Tuesday, September 6, 2011

U.S. pulls back from lead role in conflicts: IISS





A war-weary United States will increasingly look for regional solutions to regional problems, playing a secondary "enabling" role in conflicts similar to the one it played in Libya, an influential think-tank said on Tuesday.

The International Institute for Strategic Studies (IISS) said U.S. leadership was giving way to a world where "rotating coalitions of the willing and available," sometimes without the United States, would address international crises.

The conduct of the air campaign in Libya, where the United States took a back seat in military operations led by its NATO allies Britain and France, could be a pointer to the future, the London-based security research body said.

"The (U.S.) choice in Libya was to be a 'super-enabler' of a European operation with Arab support. These inclinations signal the dawning of a period when 'regional solutions to regional problems' becomes ... a central aspiration of U.S. strategic policy," IISS Director-General John Chipman said, presenting the think-tank's annual "Strategic Survey."

U.S. warplanes took part in early attacks on Libyan leader Muammar Gaddafi's air defenses but pulled back to a supporting role after NATO took control of operations.

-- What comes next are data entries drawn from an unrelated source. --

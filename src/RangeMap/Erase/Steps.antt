-- ===== src/RangeMap/Erase/Steps.antt =====
-- range_map.hpp: what each test in the loop of `erase(l, r)` does to the map.
use mathlib.Core.Path.{subst}
use efiperun_mod.Prelude.{
  ℕ, ◌+◌, ◌≡◌, ◌≤◌, ◌<◌, refl, ap, ◌∙◌, Bool, true, false, ◌&&◌, none, some, List, ◌∷◌, ltb, leb,
  if◌then◌else◌, arith, inl, inr, Bool-cases, ltb→lt, lt→ltb, ==_iff, Eq,
}
use efiperun_mod.RangeMap.{Entry, Map, entry, rejoin, inject, map_emplace, erase_key}
use efiperun_mod.RangeMap.Intervals.{
  within, view, IsFrom, bound, view-eq-none_below, IsUpto-mono, IsFrom-mono, map_emplace-rejoin,
  erase_key-rejoin,
}
use efiperun_mod.RangeMap.Lookup.{view_inside}
use efiperun_mod.RangeMap.Insert.{
  Updates, rejoin-Updates, rejoin-erase-Updates, IsInserted, map_emplace-fresh,
}
use efiperun_mod.RangeMap.Inject.{inject-IsInserted}
use efiperun_mod.RangeMap.Pending.{IsNext, view-IsNext, pending}

module _ {V : Type 0} ⦃veq : Eq V⦄ where
  trim_reads :
      (l : ℕ) (e : Entry V) (a : List (Entry V)) (q : ℕ)
      → e.left < l
      → l < e.right
      → IsFrom e.right a
      → view (record e { right = l } ∷ a) q ≡ (if within l e.right q then none else view (e ∷ a) q)
  unfolding view
  trim_reads l e a q h k f = ground (arith, view-eq-none_below e.right q a)

  behead_reads :
      (r : ℕ) (e : Entry V) (a : List (Entry V)) (q : ℕ)
      → e.left < r
      → r < e.right
      → IsFrom e.right a
      → view (entry r e.right e.value ∷ a) q ≡ (if within e.left r q then none else view (e ∷ a) q)
  unfolding view
  behead_reads r e a q h k f = ground (arith, view-eq-none_below e.right q a)

  map_emplace-second :
      (r z : ℕ) (v : V) (e : Entry V) (a : List (Entry V))
      → e.left < r
      → map_emplace r z v (e ∷ a) ≡ e ∷ map_emplace r z v a
  unfolding map_emplace
  map_emplace-second r z v e a h = rw (lt→ltb e.left r h)

  erase_key-first : (e : Entry V) (a : List (Entry V)) → erase_key e.left (e ∷ a) ≡ a
  unfolding erase_key
  erase_key-first e a = rw ((==_iff e.left e.left).1 refl)

  -- What holds whenever the loop goes round: `[l, next)` is clear.
  pub record IsClear (l next : ℕ) (m : Map V) : Type 0 where
    pub ordered : IsFrom 0 m
    pub from : l ≤ next
    pub clear : (q : ℕ) → l ≤ q → q < next → view m q ≡ none

  module _ (l r next : ℕ) (lt : l < r) (m : Map V) (c : IsClear l next m) (b : List (Entry V))
      (e : Entry V) (a : List (Entry V)) (w : IsNext next m (b, e, a)) where
    -- up to the next entry nothing has a value
    pub quiet : (q : ℕ) → l ≤ q → q < e.left → view m q ≡ none
    quiet q lo hi = elim (Bool-cases (ltb q next)) [
      | inl t ↦ c.clear q lo (ltb→lt _ _ t)
      | inr t ↦ view-IsNext next m (b, e, a) w q (ground arith) hi
    ]

    -- values taken off from some point up to the next entry on are all of those from `l` on
    pub widen :
        (x y : ℕ) (m' : Map V)
        → l ≤ x
        → x ≤ e.left
        → Updates x y none m m'
        → (q : ℕ) → view m' q ≡ (if within l y q then none else view m q)
    widen x y m' lo hi u q = ground (arith, u.reads q, quiet q)

    -- the next entry is cut off at `l`, where it starts before
    pub trim_Updates : e.left < l → Updates l e.right none m (rejoin b (record e { right = l } ∷ a))
    trim_Updates h =
        subst (λ k. Updates l e.right none k (rejoin b (record e { right = l } ∷ a))) w.whole
          (rejoin-Updates (bound b) b (e ∷ a) (record e { right = l } ∷ a) l e.right none w.upto
            (omega arith) (w.rest.0, h, IsFrom-mono e.right l a (omega arith) w.rest.2)
            (λ q. trim_reads l e a q h (omega (arith, c.from, w.reaches)) w.rest.2))

    -- the next entry loses its part before `r`
    pub behead_Updates :
        l ≤ e.left
        → e.left < r
        → r < e.right
        → Updates e.left r none m (erase_key e.left (map_emplace r e.right e.value m))
    behead_Updates le h k =
        let n = bound b in
        let upto = IsUpto-mono n e.left b w.rest.0 w.upto in
        let later = IsFrom-mono e.right (r + 1) a (omega arith) w.rest.2 in
        let placed =
          map_emplace-rejoin r e.right e.value b (e ∷ a) (IsUpto-mono n r b (omega arith) w.upto)
          ∙ ap (rejoin b) (
              map_emplace-second r e.right e.value e a h
              ∙ ap (λ k. e ∷ k) (map_emplace-fresh r e.right e.value a later)) in
        let swept =
          ap (erase_key e.left) placed
          ∙ erase_key-rejoin e.left b (e ∷ entry r e.right e.value ∷ a) upto
          ∙ ap (rejoin b) (erase_key-first e (entry r e.right e.value ∷ a)) in
        subst (λ k. Updates e.left r none k (erase_key e.left (map_emplace r e.right e.value k)))
          w.whole
          (rw swept (
            rejoin-Updates e.left b (e ∷ a) (entry r e.right e.value ∷ a) e.left r none upto
              (omega arith) (omega arith, k, w.rest.2) (λ q. behead_reads r e a q h k w.rest.2)))

    -- the next entry holds the whole of `[l, r)`: what is left of it after `r` is put back
    pub split_Updates :
        e.left < l
        → r ≤ e.right
        → Updates l r none m (inject r e.right e.value (rejoin b (record e { right = l } ∷ a))).0
    split_Updates h k =
        let cut = rejoin b (record e { right = l } ∷ a) in
        put_back (inject r e.right e.value cut)
          (inject-IsInserted r e.right e.value cut (trim_Updates h).ordered)
      where
        whole_entry :
            (q : ℕ) → view m q ≡ (if within e.left e.right q then some e.value else view m q)
        whole_entry =
            view_inside l m (b, e, a)
              (record {
                whole = w.whole;
                upto = w.upto;
                rest = w.rest;
                inside = (omega arith, omega (arith, c.from, w.reaches));
              })

        put_back :
            (t : Map V × Bool)
            → IsInserted r e.right e.value (rejoin b (record e { right = l } ∷ a)) t
            → Updates l r none m t.0
        put_back (m', true) (le, free, u) = record {
          ordered = u.ordered;
          reads = λ q. ground (arith, u.reads q, (trim_Updates h).reads q, whole_entry q);
        }
        put_back (m', false) (same, inl le) =
            let end : e.right ≡ r = omega arith in
            rw same (
              subst (λ y. Updates l y none m (rejoin b (record e { right = l } ∷ a))) end
                (trim_Updates h))
        put_back (m', false) (same, inr (q, v, at, found)) =
            absurd (ground (arith, (trim_Updates h).reads q))

    pub swallow_Updates : Updates e.left e.right none m (rejoin b a)
    swallow_Updates = rejoin-erase-Updates m b e a w.whole w.upto w.rest

    pub swallow-IsClear : l ≤ e.left → IsClear l e.right (rejoin b a)
    swallow-IsClear h = record {
      ordered = swallow_Updates.ordered;
      from = omega (arith, w.rest.1);
      clear = λ q lo hi.
          ground (arith, widen e.left e.right (rejoin b a) h (omega arith) swallow_Updates q);
    }

    pub trim-IsClear : e.left < l → IsClear l e.right (rejoin b (record e { right = l } ∷ a))
    trim-IsClear h = record {
      ordered = (trim_Updates h).ordered;
      from = omega (arith, c.from, w.reaches);
      clear = λ q lo hi. ground (arith, (trim_Updates h).reads q);
    }

    pub reaches_l : l < e.right
    reaches_l = omega (arith, c.from, w.reaches)

    pub trimmed-pending : pending e.right (record e { right = l } ∷ a) ≤ pending e.right a
    unfolding pending
    trimmed-pending = ground (arith, reaches_l)

    -- an entry that starts at `l`, or before it and ends by `r`, or overlaps `[l, r)` otherwise,
    -- is met by one of the tests
    pub tests_exhaust :
        leb r e.left ≡ false
        → leb l e.left && leb e.right r ≡ false
        → leb e.left l && leb r e.right ≡ false
        → leb l e.left && ltb e.left r ≡ false
        → ltb l e.right && leb e.right r ≡ false
        → ⊥
    tests_exhaust t1 t2 t3 t4 t5 = ground (arith, reaches_l)

    pub past_Updates : leb r e.left ≡ true → Updates l r none m m
    past_Updates t = record { ordered = c.ordered; reads = λ q. ground (arith, quiet q) }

President Barack Obama faced resistance in Washington to getting involved in a third conflict in the Muslim world in addition to the costly, unpopular wars in Iraq and Afghanistan.

"Obama and the people around him do really believe that America's long-term role can only be sustainable if we are not doing everything, if we are in a position of being an enabler," said Dana Allin, an IISS expert on U.S. foreign policy.

American and European preoccupation with domestic economic problems had created wider uncertainties over international leadership, the IISS said.

STRATEGIC ARTHRITIS

"There is a sense that the West is suffering from strategic arthritis and exhaustion (and) the rising powers of the East from strategic growth pains and indecision," Chipman said.

"The room for mavericks and rogues to maneuver for their own gain is thus expanded," he said without naming any.

The IISS said war fatigue would shape the U.S. approach to international crises in the medium term.

Ten years after the September 11 attacks triggered a "war on terror," the West's appetite to take military action was lower than it had been for generations, the IISS report said.

The case for "liberal interventionism" could still be made -- as it was in Libya -- but calls for it had to be loud and the cause almost perfect for it to happen.

Obama's approach in Afghanistan "in effect to drop the ambitious counter-insurgency strategy, withdraw forces and prioritize a political solution, will be seen as signaling the end of a decade-long U.S. interventionist policy," Chipman said.

The United States is withdrawing 33,000 of 100,000 troops in Afghanistan by the end of next summer, aiming to hand lead security responsibility to Afghan forces by the end of 2014.

More than 1,600 U.S. soldiers have died in the 10-year war which has cost nearly $450 billion, according to the Congressional Research Service.

Europe's strategic ambitions had been crippled by its weak economic performance, the IISS report said. Defense budgets were being cut and Europe's political leadership was having to put its financial house together again, it said.

The IISS said revolts in Arab countries would not necessarily lead to the spread of democracy in the region.

"The transitions that have taken place so far remain half-baked and the promise of more democratic outcomes remains laced with the risk that sects, military institutions or other groups might still hijack the process," Chipman warned.